If you don't want to spring for the devolution, check out Problem Solvers headset reducers. They should be available through all the usual suspects, and are in the $25 price range. Those plus a decent dirt jump rated headset (FSA Pig Pro) ought to still save some coin over a King.

Ya know, Alex at MTBTandems.com has an 80mm '06 Manitou on his "garage sale" page that might work out on that bike. You don't list your current A-C height or head angle, and the AC isn't listed for the Manitou fork, but I'd guess you'd want to stick to the shortest travel possible to prevent the steering from getting too floppy.

BTW, it has a 20mm axle.

I think you're right on track with your brake and seatpost considerations. In fact, I'm just switching a Thud ST off another bike over to the captain's position on ours, but won't get to assess it for a few weeks more. My wife swears by the standard travel Thudbuster, though your daughter may need the special order lightweight elastomers.


----------



## rockman (Jun 18, 2004)

Thanks for the reply. 

I don't have the old specs but the head angle looks pretty steep, at least 71 maybe even 72 degrees. A-C ht is about 380mm and the headtube is pretty short at 3.0 inches. Oop, mixed my units. Even a 3" fork would soak up some of the rough stuff and at least allow me to run a 2.4" tire rather than the current max of 2.1" Ah, the good ole days. We thought that was wide.


----------



## Speedub.Nate (Dec 31, 2003)

rockman said:


> Thanks for the reply.
> 
> I don't have the old specs but the head angle looks pretty steep, at least 71 maybe even 72 degrees. A-C ht is about 380mm and the headtube is pretty short at 3.0 inches. Oop, mixed my units. Even a 3" fork would soak up some of the rough stuff and at least allow me to run a 2.4" tire rather than the current max of 2.1" Ah, the good ole days. We thought that was wide.


Hmmm... I dug around and found some references to the 80mm Manitou and a 455 A-C height, less 16mm for sag. On a solo bike with a normal wheel base, that would result in a nearly 3° slackening of the head tube.

With a long tandem wheelbase, the impact would be a little less. I ran some numbers, and am coming up with a 1.5° HTA change, assuming a wheelbase of 73" and a starting HTA of 72°.

I don't trust the answer completely because I plugged the numbers in to a calculator and not a spreadsheet, but at face value, it sounds reasonable.


----------



## rockman (Jun 18, 2004)

That sounds reasonable. I think I could get used to a little more slack HA but not too much. Tandems are hard enough to steer on trails as it is. 

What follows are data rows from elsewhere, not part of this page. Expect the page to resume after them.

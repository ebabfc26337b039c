-- ===== src/PerfList/Tests.antt =====
-- PerfList at concrete inputs: an item is a unit with a value.
use lnst.Prelude.{ℕ, String, ◌≡◌, refl, Bool, true, false, List, [], ◌∷◌, string_eq}
use lnst.Prelude.Exc.{ok, err, lnst_error}
use lnst.PerfList.{
  append, extend, insert, insert_at, set_item, replace_at, validate_item, validate_all,
}
use lnst.PerfList.Units.{
  Change, appended, inserted, replaced, changes, IsPerfList, changes-IsPerfList,
}

abbrev Item : Type 0
Item = String × ℕ

abbrev any : Item → Bool
any i = true

abbrev no_list : Item → Bool
no_list i = false

abbrev unit : Item → String
unit i = i.0

abbrev edits : List (Change Item)
edits = appended ("bits", 2) ∷ inserted 0 ("bits", 3) ∷ replaced 1 ("bits", 4) ∷ []

abbrev edited : List Item
edited = ("bits", 3) ∷ ("bits", 4) ∷ ("bits", 2) ∷ []

edits_run : changes any no_list unit (("bits", 1) ∷ []) edits ≡ ok edited
unfolding append insert insert_at set_item replace_at validate_item
edits_run = refl

changes-IsPerfList_example : IsPerfList any no_list unit "bits" edited
changes-IsPerfList_example =
    changes-IsPerfList any no_list unit "bits" (("bits", 1) ∷ []) edits edited (refl, tt) edits_run

-- An empty list takes items of different units from extend.
mixed :
    extend any unit [] (("bits", 1) ∷ ("packets", 2) ∷ []) ≡ ok (("bits", 1) ∷ ("packets", 2) ∷ [])
unfolding extend validate_all validate_item
mixed = refl

-- A list is not put at a position.
list_refused : set_item any unit any (("bits", 1) ∷ []) 0 ("bits", 2) ≡ err lnst_error
unfolding set_item
list_refused = refl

Does an 80mm fork limit you to a 6" rotor? I would think you would want bigger than that on the front.


----------



## patineto (Oct 28, 2005)

you can always use one of this, no changes in geometry, no lost of handling or rigidity.









Hydrolic damper and everything.


----------



## Speedub.Nate (Dec 31, 2003)

rockman said:


> Does an 80mm fork limit you to a 6" rotor? I would think you would want bigger than that on the front.


I see 210mm max listed for the 2008. Don't know what it is for the '06.


----------



## TandemNut (Mar 12, 2004)

I think all of the jumping/dh forks are rated for 8" rotors.


----------



## rockman (Jun 18, 2004)

Ok, so I'm gonna go with a Zoke thru axel Dirt Jumper and lace up a new wheel. I can get a good deal on Hope or a Phil Wood thru-axel hubs. Would a SunRingle Rhyno Lite 36h rim be strong enough for a front wheel? I could also go DT Swiss 5.1D or WTB laserdisc-FR. I'm not sure if these hubs are tandem rated either but with a combined stoker/captain weight of less than 300 pounds they should be ok? I could go with a Hadley as well but that's more cash. 

As always, thanks for any input


----------



## rockman (Jun 18, 2004)

From perusing the P. Wood website it appears that the 36h thru-axel front hub is tandem rated. And from checking out the excellent MTBtandem site the sun ringle rim will handle the load just fine so I think that's what I'll go with.


----------